Read the following passage and answer the questions: None of the inventions that have resulted from the study of electricity have been stumbled upon in the dark. Scientists in both England and America had realized the possibility of the telegraph before Morse built his first working outfit in his rooms on Washington Square. Edison took out a patent covering wireless telegraphy before Marconi gave his name to the new means of communication. Often a man who has been following one trail through this new field has come upon another, glanced down it, and decided to go back and explore it more thoroughly another day. Meantime, the trail is run down by a rival. The prize has gone to that persevering one who has made that trail his own, and learned its secret while other men were only glancing at it. Alexander Graham Bell was by no means the first man to realize that the sound of the human voice could be sent over a wire. He did not happen to stumble upon this fact. He worked it out bit by bit, from what other men had already learned concerning electricity, and his object was to make the telephone of real use to the world.

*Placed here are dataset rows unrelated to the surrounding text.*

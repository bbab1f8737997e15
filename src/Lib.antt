-- ===== src/Lib.antt =====
-- Stabilizer: firmware of a board with two channels of analog feedback, and of Pounder, its RF
-- frontend with an AD9959 direct digital synthesizer (DDS).
--
-- The program's parts and how they interact. A driver (ad9959/src/lib.rs) sets the DDS up through
-- an interface, which on Pounder is the QSPI peripheral (src/hardware/pounder/mod.rs,
-- QspiInterface). Once it is set up the driver is dissolved, QspiInterface streams, and
-- DdsOutput (src/hardware/pounder/dds_output.rs) writes profiles, which ProfileSerializer
-- (ad9959/src/lib.rs) builds, to the FIFO of the peripheral and triggers the timer of
-- src/hardware/pounder/hrtimer.rs. PounderDevices (src/hardware/pounder/mod.rs) owns the GPIO
-- extender, and is the device of the attenuators (src/hardware/pounder/attenuators.rs). The
-- processing of samples adds batches to frames with FrameGenerator, and DataStream sends the frames
-- over UDP (src/net/data_stream.rs); the two share a pool of buffers and a queue. The menu of
-- serial-settings/src/lib.rs reads and changes the settings, which SerialSettingsPlatform
-- (src/settings.rs) keeps in flash. The applications (src/bin) turn a batch of samples of the ADCs
-- into codes of the DACs in an interrupt, add both to the stream, and apply changed settings in a
-- task; NetworkUsers (src/net/mod.rs) runs the settings client, the stream, the link and the
-- telemetry (src/net/telemetry.rs) in rounds.
--
-- Files. The state of a component is a record under its name in the code, a method a function
-- under its name.
--   Ad9959: the types of the crate; Ad9959/Serializer: ProfileSerializer. Serializer/Device is what
--     a DDS makes of bytes, Serializer/{Layout,Padding,Words,Effect,Selection} are proofs.
--   Ad9959/Driver, Driver/Channels: the driver. Driver/Chip is the contract of a board on which the
--     chip answers; Driver/{Access,Modified,RoundTrip,Clock,Multiplier} are proofs.
--   Pounder/Qspi, Pounder/DdsOutput: QspiInterface, DdsOutput and ProfileBuilder.
--   Pounder/Gpio, Pounder/Devices, Devices/Startup: IoExpander and PounderDevices. Gpio/Pins is the
--     contract of the chips of the extender.
--   Pounder/Attenuators: AttenuatorInterface, of which PounderDevices is an instance.
--     Attenuators/ShiftChain is the contract of the chain of shift registers.
--   Pounder/HrTimer: the registers of the single shot.
--   Pounder/RfPower: the power of an input (src/hardware/pounder/rf_power.rs).
--   Net/DataStream, DataStream/Transmit: StreamFrame and FrameGenerator, then StreamTarget and
--     DataStream. DataStream/Contract has the laws of pool and queue, DataStream/System the steps
--     of a device that streams, DataStream/Pieces the view of its history as runs of batches;
--     DataStream/{Frames,Ownership,Room,Tracking}, Transmit/{Delivery,Wire} and
--     System/{Rounds,Carries} are proofs.
--   Net/Telemetry: TelemetryBuffer and TelemetryClient; Telemetry/Once is a proof.
--   Net/Users: NetworkUsers; Users/{Rounds,Directing} are proofs.
--   Net/NetworkProcessor: NetworkProcessor (src/net/network_processor.rs); Resets is a proof.
--   Hardware/Eeprom, Hardware/Afe: read_eui48 (src/hardware/eeprom.rs) and the amplifier of
--     src/hardware/afe.rs; Eeprom/Agreement is a proof.
--   Hardware/SignalGenerator: the generator of src/hardware/signal_generator.rs; Waves is a proof.
--     SignalGenerator/Conversion: BasicConfig; Conversion/Bounds is a proof.
--   Hardware/Codes: AdcCode and DacCode (src/hardware/adc.rs, dac.rs); Codes/Order is a proof.
--   Hardware/Timers, Hardware/Stampers: the timers and channels of src/hardware/timers.rs,
--     InputStamper and the Timestamper of Pounder; Timers/Captures is a proof.
--   Hardware/SharedAdc: AdcChannel and CpuTempSensor (src/hardware/shared_adc.rs,
--     cpu_temp_sensor.rs).
--   Hardware/Sampling: the constructors of the ADC inputs and DAC outputs (src/hardware/adc.rs,
--     dac.rs) and the sampling timers of src/hardware/setup.rs; Sampling/Ordering is a proof.
--   Apps/DualIir, DualIir/Tasks: the processing and the tasks of src/bin/dual-iir.rs;
--     DualIir/Runs: a run of its batches. DualIir/Reference: the filters and the generators one
--     after the other. DualIir/{Batches,Returns,Follows,Stream} and Tasks/Applies are proofs.
--     Apps/Lockin, Lockin/Tasks: those of src/bin/lockin.rs; Lockin/Stream is a proof.
--     Apps/Streaming: the batch that both add to the stream, with Streaming/Steps.
--     Apps/Changes: the tasks of both that change and apply settings; Changes/Applied is a proof.
--   Settings, Settings/{Get,Clear,Store,Runner}: the handlers of the menu and the poll loop.
--     Settings/Menu: the table of the menu and the calls of its handlers; Menu/{Notices,Reads} are
--     proofs. Settings/BestEffort: BestEffortInterface. Settings/Persistent:
--     SerialSettingsPlatform. Persistent/Commands: its command, with the flag of
--     src/hardware/platform.rs. Settings/Keeps, Store/{Reads,Persists}, Get/Reads, Clear/Clears,
--     Runner/{Draining,Flags,Notices} and Persistent/{Loading,Restores} are proofs.
--   Prelude: what the others share. The modules named Tests have concrete devices and runs.
--
-- How the code is read. A panic (an unwrap, an index out of range, an assertion) is `none`; a
-- Result is Result, with the state that an error leaves. Machine integers are natural numbers,
-- signed ones by their bit pattern, with their wrap-around written out: the sequence number is
-- taken modulo 2^32 and the count of batches modulo 2^8, as a build without overflow checks does.
-- Log lines are left out.
--
-- Bounds and fuel. A stream of bytes is parsed with as much fuel as it has bytes, and each write
-- takes a byte at least. The loop that flushes the queue of frames has fuel, of which one more than
-- the frames in the queue is enough. The reads of the MAC address are
-- the 40 of the code. The loop of Runner.poll has fuel for its rounds, of which one more than
-- the reads that have input is enough.
--
-- Parameters, as records of operations, with their documented laws as a second record: the
-- interface, pins and delay of the DDS; the bit fields of the crate bit_field; f32; the QSPI
-- peripheral; the chips of the GPIO extender, SPI, ADC channels and temperature sensor; the pool
-- and the queue of heapless; the UDP stack of smoltcp-nal; the PHY; the I2C bus and the pins of
-- the amplifier; the settings tree of miniconf with the checksum of yafnv; the map of
-- sequential_storage; the crate menu; the MQTT clients of minimq and miniconf; the filters, the
-- PLL and the complex numbers of idsp; the timers of the HAL with their status and capture
-- registers; the DACs of the CPU and of the GPIO; the default configuration of a DMA transfer;
-- the conversions of an ADC. The users of the network share one stack of sockets in the code;
-- here each has a state of its own.
--
-- Not modelled: the rest of the setup of the hardware, DMA and interrupts, whose handlers are
-- functions here on the buffers that they are given, the constructors that wire the network, the
-- driver of the USB device, the jump to the bootloader, and the text of messages.
pub mod Prelude
pub mod Ad9959
pub mod Pounder
pub mod Net
pub mod Settings
pub mod Hardware
pub mod Apps
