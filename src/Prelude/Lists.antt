-- ===== src/Prelude/Lists.antt =====
-- Lists measured and indexed by native numbers, under the library's names, and `overwrite`, the
-- copy of a slice into an array at an offset.
use Prim.Native.Nat.{ℕ, zero, suc, ◌+◌, ◌≤◌}
use mathlib.Core.Path.{◌≡◌, refl, ap}
use mathlib.Core.List.{List, [], ◌∷◌, ◌++◌}
use mathlib.Core.Option.{Option, none, some}
use mathlib.Core.Option
use native.Mathlib.Omega.{arith}

module _ {ℓ} {A : Type ℓ} where
  abbrev pub length : List A → ℕ
  length [] = 0
  length (x ∷ xs) = suc (length xs)

  abbrev pub get_or : List A → ℕ → A → A
  get_or [] i d = d
  get_or (x ∷ xs) zero d = x
  get_or (x ∷ xs) (suc i) d = get_or xs i d

  -- A write out of bounds changes nothing.
  abbrev pub set : List A → ℕ → A → List A
  set [] i v = []
  set (x ∷ xs) zero v = v ∷ xs
  set (x ∷ xs) (suc i) v = x ∷ set xs i v

  abbrev pub take : ℕ → List A → List A
  take zero xs = []
  take (suc n) [] = []
  take (suc n) (x ∷ xs) = x ∷ take n xs

  abbrev pub drop : ℕ → List A → List A
  drop zero xs = xs
  drop (suc n) [] = []
  drop (suc n) (x ∷ xs) = drop n xs

  abbrev pub replicate : ℕ → A → List A
  replicate zero a = []
  replicate (suc n) a = a ∷ replicate n a

  -- `array[i..][..ys.len()].copy_from_slice(ys)`: `none` is the panic of a slice out of range.
  unfoldable pub overwrite : List A → ℕ → List A → Option (List A)
  overwrite xs zero [] = some xs
  overwrite [] zero (y ∷ ys) = none
  overwrite (x ∷ xs) zero (y ∷ ys) = Option.map (◌∷◌ y) (overwrite xs zero ys)
  overwrite [] (suc i) ys = none
  overwrite (x ∷ xs) (suc i) ys = Option.map (◌∷◌ x) (overwrite xs i ys)

module _ {ℓ} {A : Type ℓ} where
  pub length-append : (xs ys : List A) → length (xs ++ ys) ≡ length xs + length ys
  length-append [] ys = omega arith
  length-append (x ∷ xs) ys = omega (arith, length-append xs ys)

  pub length-set : (xs : List A) (i : ℕ) (v : A) → length (set xs i v) ≡ length xs
  length-set [] i v = refl
  length-set (x ∷ xs) zero v = refl
  length-set (x ∷ xs) (suc i) v = ap suc (length-set xs i v)

  pub length-replicate : (n : ℕ) (a : A) → length (replicate n a) ≡ n
  length-replicate zero a = refl
  length-replicate (suc n) a = ap suc (length-replicate n a)

  pub take-append : (xs ys : List A) → take (length xs) (xs ++ ys) ≡ xs
  take-append [] ys = refl
  take-append (x ∷ xs) ys = ap (◌∷◌ x) (take-append xs ys)

  -- A copy that fits replaces its part of the array and keeps the rest.
  pub overwrite-append :
      (done room ys rest : List A)
      → length room ≡ length ys
      → overwrite (done ++ (room ++ rest)) (length done) ys ≡ some (done ++ (ys ++ rest))
  unfolding overwrite
  overwrite-append [] [] [] rest h = lem rest
    where
      lem : (r : List A) → overwrite r zero [] ≡ some r
      lem [] = refl
      lem (x ∷ r) = refl
  overwrite-append [] [] (y ∷ ys) rest h = absurd (omega arith)
  overwrite-append [] (x ∷ room) [] rest h = absurd (omega arith)
  overwrite-append [] (x ∷ room) (y ∷ ys) rest h =
      ap (Option.map (◌∷◌ y)) (overwrite-append [] room ys rest (omega arith))
  overwrite-append (d ∷ done) room ys rest h =
      ap (Option.map (◌∷◌ d)) (overwrite-append done room ys rest h)

  -- A list of at least `n` items falls into its first `n` and the rest.
  pub split_at :
      (n : ℕ) (xs : List A)
      → n ≤ length xs
      → (front : List A) × (back : List A) × (xs ≡ front ++ back) × (length front ≡ n)
  split_at zero xs h = ([], xs, refl, refl)
  split_at (suc n) [] h = absurd (omega arith)
  split_at (suc n) (x ∷ xs) h =
      let (front, back, e, l) = split_at n xs (omega arith) in
      (x ∷ front, back, ap (◌∷◌ x) e, ap suc l)

  -- The same from equations for the array and the offset.
  pub overwrite_fits :
      (xs done room ys : List A) (i : ℕ)
      → xs ≡ done ++ room
      → i ≡ length done
      → length ys ≤ length room
      → (rest : List A) × (overwrite xs i ys ≡ some (done ++ (ys ++ rest)))
        × (length ys + length rest ≡ length room)
  overwrite_fits xs done room ys i laid at fits =
      let (front, rest, e, l) = split_at (length ys) room fits in
      (
        rest,
        rw (laid, at, e) (overwrite-append done front ys rest l),
        rw e (omega (arith, length-append front rest)),
      )
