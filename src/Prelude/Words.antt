-- ===== src/Prelude/Words.antt =====
-- Machine words as native numbers below a power of two. Conversions, byte order, and the two's
-- complement reading of a bit pattern.
use Prim.Native.Nat.{ℕ, ◌+◌, ◌*◌, ◌/◌, ◌%◌, ◌^◌, bit_and}
use mathlib.Core.Bool.{Bool, not}
use mathlib.Core.List.{List, [], ◌∷◌}
use stabilizer.Prelude.Tests.{◌==◌}
use stabilizer.Prelude.Lists.{get_or}

-- `x as u8`, `x as u16`, `x as u32`.
abbrev pub u8 : ℕ → ℕ
u8 n = n % 256

abbrev pub u16 : ℕ → ℕ
u16 n = n % 65536

abbrev pub u32 : ℕ → ℕ
u32 n = n % 4294967296

-- The bytes of `x.to_be_bytes()` and `x.to_le_bytes()`.
abbrev pub be16 : ℕ → List ℕ
be16 n = u8 (n / 256) ∷ u8 n ∷ []

abbrev pub be32 : ℕ → List ℕ
be32 n = u8 (n / 16777216) ∷ u8 (n / 65536) ∷ u8 (n / 256) ∷ u8 n ∷ []

abbrev pub le16 : ℕ → List ℕ
le16 n = u8 n ∷ u8 (n / 256) ∷ []

abbrev pub le32 : ℕ → List ℕ
le32 n = u8 n ∷ u8 (n / 256) ∷ u8 (n / 65536) ∷ u8 (n / 16777216) ∷ []

-- `byte & (1 << k) != 0`.
abbrev pub test_bit : ℕ → ℕ → Bool
test_bit x k = not (bit_and x (2 ^ k) == 0)

-- `u16::from_be_bytes` and `u32::from_be_bytes`.
abbrev pub from_be16 : List ℕ → ℕ
from_be16 l = get_or l 0 0 * 256 + get_or l 1 0

abbrev pub from_be32 : List ℕ → ℕ
from_be32 l = get_or l 0 0 * 16777216 + get_or l 1 0 * 65536 + get_or l 2 0 * 256 + get_or l 3 0
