-- ===== src/Ad9959.antt =====
-- ad9959/src/lib.rs: the types of the AD9959 driver. A set of channels is its `u8` of flags.
pub mod Channel
pub mod Serializer
pub mod Driver
use stabilizer.Prelude.{ℕ}

pub data Mode : Type 0 where
  single_bit_two_wire single_bit_three_wire two_bit_serial four_bit_serial : Mode

-- `mode as u8`.
abbrev pub mode_bits : Mode → ℕ
mode_bits single_bit_two_wire = 0
mode_bits single_bit_three_wire = 2
mode_bits two_bit_serial = 4
mode_bits four_bit_serial = 6

pub data Register : Type 0 where
  csr fr1 fr2 cfr cftw0 cpow0 acr lsrr rdw fdw : Register
  cw1 cw2 cw3 cw4 cw5 cw6 cw7 cw8 cw9 cw10 cw11 cw12 cw13 cw14 cw15 : Register

-- `register as u8`.
abbrev pub address : Register → ℕ
address csr = 0
address fr1 = 1
address fr2 = 2
address cfr = 3
address cftw0 = 4
address cpow0 = 5
address acr = 6
address lsrr = 7
address rdw = 8
address fdw = 9
address cw1 = 10
address cw2 = 11
address cw3 = 12
address cw4 = 13
address cw5 = 14
address cw6 = 15
address cw7 = 16
address cw8 = 17
address cw9 = 18
address cw10 = 19
address cw11 = 20
address cw12 = 21
address cw13 = 22
address cw14 = 23
address cw15 = 24

pub data Error : Type 0 where
  interface check bounds pin frequency : Error
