-- ===== src/Ad9959/Channel.antt =====
-- ad9959/src/lib.rs, the flags of `Channel`.
use stabilizer.Prelude.{ℕ}

abbrev pub one : ℕ
one = 16

abbrev pub two : ℕ
two = 32

abbrev pub three : ℕ
three = 64

abbrev pub four : ℕ
four = 128

abbrev pub all : ℕ
all = 240
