-- ===== src/Prelude/Effects.antt =====
-- Code that changes a state and may return an error: `fn(&mut self) -> Result<A, E>`. The state is
-- kept as it is when the error is met.
use stabilizer.Prelude.Results.{Result, ok, err}

abbrev pub Action : Type 0 → Type 0 → Type 0 → Type 0
Action S E A = S → S × Result E A

abbrev pub pure : {S E A : Type 0} → A → Action S E A
pure a s = (s, ok a)

abbrev pub fail : {S E A : Type 0} → E → Action S E A
fail e s = (s, err e)

abbrev pub continue : {S E A B : Type 0} → S × Result E A → (A → Action S E B) → S × Result E B
continue (s, ok a) f = f a s
continue (s, err e) f = (s, err e)

infixl 5 ◌>>=◌ ◌>>◌
abbrev pub ◌>>=◌ : {S E A B : Type 0} → Action S E A → (A → Action S E B) → Action S E B
◌>>=◌ m f s = continue (m s) f

abbrev pub ◌>>◌ : {S E A B : Type 0} → Action S E A → Action S E B → Action S E B
◌>>◌ m k s = continue (m s) (λ _. k)

abbrev pub replace_err : {S E F A : Type 0} → (E → F) → S × Result E A → S × Result F A
replace_err f (s, ok a) = (s, ok a)
replace_err f (s, err e) = (s, err (f e))

-- `.map_err(f)`.
abbrev pub map_err : {S E F A : Type 0} → (E → F) → Action S E A → Action S F A
map_err f m s = replace_err f (m s)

It so happened that Elisha Gray and Bell each filed a claim upon the telephone at the Patent Office on the same day, February 14, 1876. But it was Bell who was able to place the first telephone at the public's service.
Questions:
1. Where did Morse build his first working outfit of the telegraph?
2. What did Edison take out a patent on?
3. Write words from the extract that mean the same as the following words: a. looking - b. determined c. purpose
4. Who filed a claim upon the telephone on the same day as Alexander Graham Bell?
5. Did Alexander Graham Bell discover that the sound of the human voice could be sent over a wire by accident?
6. Give a suitable title for the passage.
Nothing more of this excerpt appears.